▸ RECORDS PROVIDED:
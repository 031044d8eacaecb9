-- ===== src/Registry/Laws/Virtual.antt =====
-- The virtual counters that `DiscoverSessions` of libs/libkv8/src/Kv8Consumer.cpp makes up.
use mathlib.Core.List.{Memᴰ}
use kv8_metrics.Prelude.{
  ℕ, zero, suc, ◌+◌, ◌*◌, ◌%◌, ◌<◌, ◌≤◌, ◌≡◌, ◌↔◌, ap, subst, ◌∙◌, some, List, [], ◌∷◌, ◌++◌,
  append_assoc, append-nil, get_elem?, ◌==◌, if◌then◌else◌, arith,
}
use kv8_metrics.Prelude.Bits.{bit_and_mask}
use kv8_metrics.Prelude.Assoc.{find, find-assign, bytes_eq, nat_eq}
use kv8_metrics.Udt.Types.{SchemaField}
use kv8_metrics.Registry.{CounterMeta, push_back}
use kv8_metrics.Registry.Virtual.{virtual_id, virtual_counter, push_fields}

virtual_id-value : (fi i : ℕ) → virtual_id fi i ≡ 0x1000 + 64 * (fi % 64) + i % 64
unfolding virtual_id
virtual_id-value fi i = omega (arith, bit_and_mask fi 6, bit_and_mask i 6)

-- The id of a virtual counter lies in 0x1000 ... 0x1FFF, and two of them are equal exactly when the
-- numbers of their feeds and those of their fields agree modulo 64.
pub virtual_id_lem :
    (fi i fj j : ℕ)
    → (0x1000 ≤ virtual_id fi i)
      × (virtual_id fi i < 0x2000)
      × ((virtual_id fi i ≡ virtual_id fj j) ↔ ((fi % 64 ≡ fj % 64) × (i % 64 ≡ j % 64)))
virtual_id_lem fi i fj j = (
  omega (arith, virtual_id-value fi i),
  omega (arith, virtual_id-value fi i),
  (
    λ e. (
      omega (arith, virtual_id-value fi i, virtual_id-value fj j),
      omega (arith, virtual_id-value fi i, virtual_id-value fj j),
    ),
    λ e. omega (arith, virtual_id-value fi i, virtual_id-value fj j, e.0, e.1),
  ),
)

-- The counters of the fields from `i` on.
abbrev pub virtual_counters : ℕ → CounterMeta → ℕ → List SchemaField → List CounterMeta
virtual_counters fi feed i [] = []
virtual_counters fi feed i (f ∷ fs) =
    virtual_counter fi feed i f ∷ virtual_counters fi feed (suc i) fs

find-push_back :
    (k j : ℕ) (cm : CounterMeta) (vs : List CounterMeta) (m : List (ℕ × List CounterMeta))
    → find k m ≡ some vs
    → find j (push_back k cm m) ≡ (if k == j then some (vs ++ cm ∷ []) else find j m)
unfolding push_back
find-push_back k j cm vs m e = rw e (find-assign k j (vs ++ cm ∷ []) m)

-- A bucket that is there gets the counters of the fields, and no other bucket changes.
pub find-push_fields :
    (hash fi : ℕ) (feed : CounterMeta) (i : ℕ) (fs : List SchemaField) (vs : List CounterMeta)
    (m : List (ℕ × List CounterMeta)) (j : ℕ)
    → find hash m ≡ some vs
    → find j (push_fields hash fi feed i fs m)
      ≡ (if hash == j then some (vs ++ virtual_counters fi feed i fs) else find j m)
unfolding push_fields
find-push_fields hash fi feed i [] vs m j e = ground (arith, append-nil vs, e)
find-push_fields hash fi feed i (f ∷ fs) vs m j e =
    let v = virtual_counter fi feed i f in
    find-push_fields hash fi feed (suc i) fs (vs ++ v ∷ []) (push_back hash v m) j
      (ground (arith, find-push_back hash hash v vs m e))
    ∙ ground (
      arith,
      find-push_back hash j v vs m e,
      append_assoc vs (v ∷ []) (virtual_counters fi feed (suc i) fs),
    )

pub virtual_counters-Memᴰ :
    (fi : ℕ) (feed : CounterMeta) (start i : ℕ) (fs : List SchemaField) (f : SchemaField)
    → get_elem? fs i ≡ some f
    → Memᴰ (virtual_counter fi feed (start + i) f) (virtual_counters fi feed start fs)
virtual_counters-Memᴰ fi feed start i [] f e = cc
virtual_counters-Memᴰ fi feed start zero (g ∷ fs) f e = Memᴰ.head (
    ground (arith, ap (λ n. virtual_counter fi feed n f) {x = start + 0} {y = start} (omega arith)))
virtual_counters-Memᴰ fi feed start (suc i) (g ∷ fs) f e = Memᴰ.tail (
    subst (λ n. Memᴰ (virtual_counter fi feed n f) (virtual_counters fi feed (suc start) fs))
      {x = suc start + i} {y = start + suc i} (omega arith)
      (virtual_counters-Memᴰ fi feed (suc start) i fs f e))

▸ YOUR INSTRUCTIONS:
Start with the line above that contains "fs) else find j m)" and stop after the line that contains "feed start fs)". Output those lines exactly, and only those.

▸ TASK OUTPUT:
      ≡ (if hash == j then some (vs ++ virtual_counters fi feed i fs) else find j m)
unfolding push_fields
find-push_fields hash fi feed i [] vs m j e = ground (arith, append-nil vs, e)
find-push_fields hash fi feed i (f ∷ fs) vs m j e =
    let v = virtual_counter fi feed i f in
    find-push_fields hash fi feed (suc i) fs (vs ++ v ∷ []) (push_back hash v m) j
      (ground (arith, find-push_back hash hash v vs m e))
    ∙ ground (
      arith,
      find-push_back hash j v vs m e,
      append_assoc vs (v ∷ []) (virtual_counters fi feed (suc i) fs),
    )

pub virtual_counters-Memᴰ :
    (fi : ℕ) (feed : CounterMeta) (start i : ℕ) (fs : List SchemaField) (f : SchemaField)
    → get_elem? fs i ≡ some f
    → Memᴰ (virtual_counter fi feed (start + i) f) (virtual_counters fi feed start fs)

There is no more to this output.